━━━ SOURCE MATERIAL
-- ===== src/Scheduler.antt =====
-- internal/scheduler/scheduler.go: registration, the overlap guard with its queue, and shutdown. Each
-- step is what the code does under one hold of its locks, so any interleaving of the goroutines is a
-- list of events. The cron library decides when a tick comes; a tick may come late, also for an entry
-- that was removed meanwhile.
pub mod Holders
pub mod Invariant
pub mod Overlap
pub mod Settling
use cannectors.Prelude.{
  ℕ, zero, suc, ◌+◌, ◌-◌, Bool, true, false, not, Option, none, some, List, [], ◌∷◌, ◌++◌, Text,
  is_blank, ltb, length, map, ◌==◌, if◌then◌else◌,
}
use cannectors.Prelude.Assoc.{lookup, assign, delete}

-- DefaultQueueCapacity
abbrev pub queue_capacity : ℕ
queue_capacity = 100

-- connector.Pipeline, as far as the scheduler reads it; `schedule` is that of its input.
pub record Pipeline : Type 0 where
  pub id : Text
  pub enabled : Bool
  pub schedule : Text

-- registeredPipeline; the queue holds no more than the number of requests.
pub record Registered : Type 0 where
  pub pipeline : Pipeline
  pub running : Bool
  pub queue : ℕ

-- Where a goroutine of executePipeline is: it has been counted by the wait group; it runs the
-- pipeline; it has taken a request off the queue.
pub data Phase : Type 0 where
  entered executing dequeued : Phase

-- `held` counts the calls of wg.Add that are not yet undone.
pub record Task : Type 0 where
  pub handle : ℕ
  pub phase : Phase
  pub held : ℕ

-- Scheduler; a registeredPipeline is known by its handle, those from `next` on are not allocated.
pub record Scheduler : Type 0 where
  pub started : Bool
  pub canceled : Bool
  pub pipelines : List (Text × ℕ)
  pub registered : ℕ → Registered
  pub next : ℕ
  pub tasks : List Task

pub data Error : Type 0 where
  nil_pipeline pipeline_disabled empty_schedule invalid_cron pipeline_running pipeline_not_found :
      Error
  already_running not_started next_run_not_ready : Error

abbrev pub update {ℓ} : {A : Type ℓ} → (ℕ → A) → ℕ → A → ℕ → A
update f k v j = if j == k then v else f j

-- the task at a position, and the tasks with that one replaced or gone
abbrev pub task_at : ℕ → List Task → Option Task
task_at i [] = none
task_at zero (t ∷ ts) = some t
task_at (suc i) (t ∷ ts) = task_at i ts

abbrev pub put_task : ℕ → Task → List Task → List Task
put_task i u [] = []
put_task zero u (t ∷ ts) = u ∷ ts
put_task (suc i) u (t ∷ ts) = t ∷ put_task i u ts

abbrev pub drop_task : ℕ → List Task → List Task
drop_task i [] = []
drop_task zero (t ∷ ts) = ts
drop_task (suc i) (t ∷ ts) = t ∷ drop_task i ts

-- NewWithExecutor
abbrev pub no_pipeline : Pipeline
no_pipeline = record { id = []; enabled = false; schedule = [] }

abbrev pub fresh : Pipeline → Registered
fresh p = record { pipeline = p; running = false; queue = 0 }

unfoldable pub new_scheduler : Scheduler
new_scheduler = record {
  started = false;
  canceled = false;
  pipelines = [];
  registered = λ h. fresh no_pipeline;
  next = 0;
  tasks = [];
}

-- the end of Register, once an old entry is gone
unfoldable pub add_entry : Pipeline → Scheduler → Scheduler
unfolding assign
add_entry p s = record s {
  pipelines = assign p.id s.next s.pipelines;
  registered = update s.registered s.next (fresh p);
  next = suc s.next;
}

-- Register, once the pipeline is valid and the map has been looked at
unfoldable pub register_over : Pipeline → Option ℕ → Scheduler → Scheduler × Option Error
unfolding add_entry delete
register_over p none s = (add_entry p s, none)
register_over p (some h) s =
    if (s.registered h).running
    then (s, some pipeline_running)
    else (add_entry p (record s { pipelines = delete p.id s.pipelines }), none)

-- Register; `is_cron` says that the cron library parses a schedule.
unfoldable pub register : (Text → Bool) → Option Pipeline → Scheduler → Scheduler × Option Error
unfolding register_over lookup
register is_cron none s = (s, some nil_pipeline)
register is_cron (some p) s =
    if not p.enabled
    then (s, some pipeline_disabled)
    else if is_blank p.schedule
    then (s, some empty_schedule)
    else if not (is_cron p.schedule)
    then (s, some invalid_cron)
    else register_over p (lookup p.id s.pipelines) s

-- Unregister
unfoldable pub unregister : Text → Scheduler → Scheduler × Option Error
unfolding lookup delete
unregister id s = elim (lookup id s.pipelines) [
  | none ↦ (s, some pipeline_not_found)
  | some h ↦ (record s { pipelines = delete id s.pipelines }, none)
]

-- Start
unfoldable pub start : Scheduler → Scheduler × Option Error
start s =
    if s.started
    then (s, some already_running)
    else (record s { started = true; canceled = false }, none)

-- Stop, up to its wait for the executions
unfoldable pub stop_begin : Scheduler → Scheduler
stop_begin s = record s { started = false; canceled = true }

-- the queues that Stop drains
unfoldable pub drain : List (Text × ℕ) → (ℕ → Registered) → ℕ → Registered
drain [] f = f
drain ((id, h) ∷ m) f = drain m (update f h (record (f h) { queue = 0 }))

-- The end of Stop, which waits until no execution is left; the scheduler stays as it is until then,
-- and also if the wait is given up.
unfoldable pub stop_end : Scheduler → Scheduler
unfolding drain
stop_end s = elim s.tasks [
  | [] ↦ record s { pipelines = []; registered = drain s.pipelines s.registered }
  | t ∷ ts ↦ s
]

-- executePipeline, up to its entry into the wait group
unfoldable pub enter : ℕ → Scheduler → Scheduler
enter h s =
    if not s.started
    then s
    else if ltb h s.next
    then record s { tasks = record { handle = h; phase = entered; held = 1 } ∷ s.tasks }
    else s

-- tryStartExecution; a request that finds the queue full is dropped.
unfoldable pub try_start : ℕ → Task → Scheduler → Scheduler
try_start i t s =
    let r = s.registered t.handle in
    if r.running
    then record s {
      tasks = drop_task i s.tasks;
      registered =
          update s.registered t.handle
            (record r { queue = (if ltb r.queue queue_capacity then suc r.queue else r.queue) });
    }
    else record s {
      tasks = put_task i (record t { phase = executing }) s.tasks;
      registered = update s.registered t.handle (record r { running = true });
    }

-- finishExecution, with the number of requests in the queue
unfoldable pub finish_with : ℕ → ℕ → Task → Scheduler → Scheduler
finish_with zero i t s = record s {
  tasks = drop_task i s.tasks;
  registered = update s.registered t.handle (record (s.registered t.handle) { running = false });
}
finish_with (suc n) i t s = record s {
  tasks = put_task i (record t { phase = dequeued }) s.tasks;
  registered = update s.registered t.handle (record (s.registered t.handle) { queue = n });
}

-- executeQueuedPipeline, up to the execution; once the scheduler is stopped the goroutine ends.
unfoldable pub resume_if : Bool → ℕ → Task → Scheduler → Scheduler
resume_if true i t s = record s {
  tasks = put_task i (record t { phase = executing; held = suc t.held }) s.tasks;
}
resume_if false i t s = record s {
  tasks = drop_task i s.tasks;
  registered = update s.registered t.handle (record (s.registered t.handle) { running = false });
}

unfoldable pub resume : ℕ → Task → Scheduler → Scheduler
unfolding resume_if
resume i t s = resume_if s.started i t s

unfoldable pub advance_task : Phase → ℕ → Task → Scheduler → Scheduler
unfolding try_start finish_with resume
advance_task entered i t s = try_start i t s
advance_task executing i t s = finish_with (s.registered t.handle).queue i t s
advance_task dequeued i t s = resume i t s

-- the next step of the goroutine at a position
unfoldable pub advance : ℕ → Scheduler → Scheduler
unfolding advance_task
advance i s = elim (task_at i s.tasks) [ none ↦ s | some t ↦ advance_task t.phase i t s ]

pub data Event : Type 0 where
  registers : Option Pipeline → Event
  unregisters : Text → Event
  starts stops stopped : Event
  ticks : ℕ → Event
  advances : ℕ → Event

unfoldable pub step : (Text → Bool) → Event → Scheduler → Scheduler
unfolding register unregister start stop_begin stop_end enter advance
step is_cron (registers p) s = (register is_cron p s).0
step is_cron (unregisters id) s = (unregister id s).0
step is_cron starts s = (start s).0
step is_cron stops s = stop_begin s
step is_cron stopped s = stop_end s
step is_cron (ticks h) s = enter h s
step is_cron (advances i) s = advance i s

unfoldable pub run : (Text → Bool) → List Event → Scheduler → Scheduler
unfolding step
run is_cron [] s = s
run is_cron (e ∷ es) s = run is_cron es (step is_cron e s)

-- HasPipeline, IsRunning, GetQueueLength
unfoldable pub has_pipeline : Text → Scheduler → Bool
unfolding lookup
has_pipeline id s = elim (lookup id s.pipelines) [ none ↦ false | some h ↦ true ]

unfoldable pub is_running : Text → Scheduler → Bool
unfolding lookup
is_running id s = elim (lookup id s.pipelines) [ none ↦ false | some h ↦ (s.registered h).running ]

unfoldable pub get_queue_length : Text → Scheduler → ℕ
unfolding lookup
get_queue_length id s = elim (lookup id s.pipelines) [ none ↦ 0 | some h ↦ (s.registered h).queue ]

-- IsStarted, PipelineCount, GetPipelineIDs, IsQueued
unfoldable pub is_started : Scheduler → Bool
is_started s = s.started

unfoldable pub pipeline_count : Scheduler → ℕ
pipeline_count s = length s.pipelines

unfoldable pub get_pipeline_ids : Scheduler → List Text
get_pipeline_ids s = map (λ e. e.0) s.pipelines

unfoldable pub is_queued : Text → Scheduler → Bool
unfolding get_queue_length
is_queued id s = ltb 0 (get_queue_length id s)

-- GetNextRun; `next_of` is what the cron library has for an entry, 0 for a time that is not set.
unfoldable pub get_next_run : (ℕ → ℕ) → Text → Scheduler → ℕ × Option Error
unfolding lookup
get_next_run next_of id s = elim (lookup id s.pipelines) [
  | none ↦ (0, some pipeline_not_found)
  | some h ↦
      if not s.started
      then (0, some not_started)
      else if next_of h == 0
      then (0, some next_run_not_ready)
      else (next_of h, none)
]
━━━━━━
■ **TASK DIRECTIONS**
Every line above from the line with "pub pipelines : List (Text × ℕ)" to the line with "abbrev pub drop_task", both included, must be reproduced exactly, and no other line may appear.

■ **YOUR SOLUTION**
  pub pipelines : List (Text × ℕ)
  pub registered : ℕ → Registered
  pub next : ℕ
  pub tasks : List Task

pub data Error : Type 0 where
  nil_pipeline pipeline_disabled empty_schedule invalid_cron pipeline_running pipeline_not_found :
      Error
  already_running not_started next_run_not_ready : Error

abbrev pub update {ℓ} : {A : Type ℓ} → (ℕ → A) → ℕ → A → ℕ → A
update f k v j = if j == k then v else f j

-- the task at a position, and the tasks with that one replaced or gone
abbrev pub task_at : ℕ → List Task → Option Task
task_at i [] = none
task_at zero (t ∷ ts) = some t
task_at (suc i) (t ∷ ts) = task_at i ts

abbrev pub put_task : ℕ → Task → List Task → List Task
put_task i u [] = []
put_task zero u (t ∷ ts) = u ∷ ts
put_task (suc i) u (t ∷ ts) = t ∷ put_task i u ts

abbrev pub drop_task : ℕ → List Task → List Task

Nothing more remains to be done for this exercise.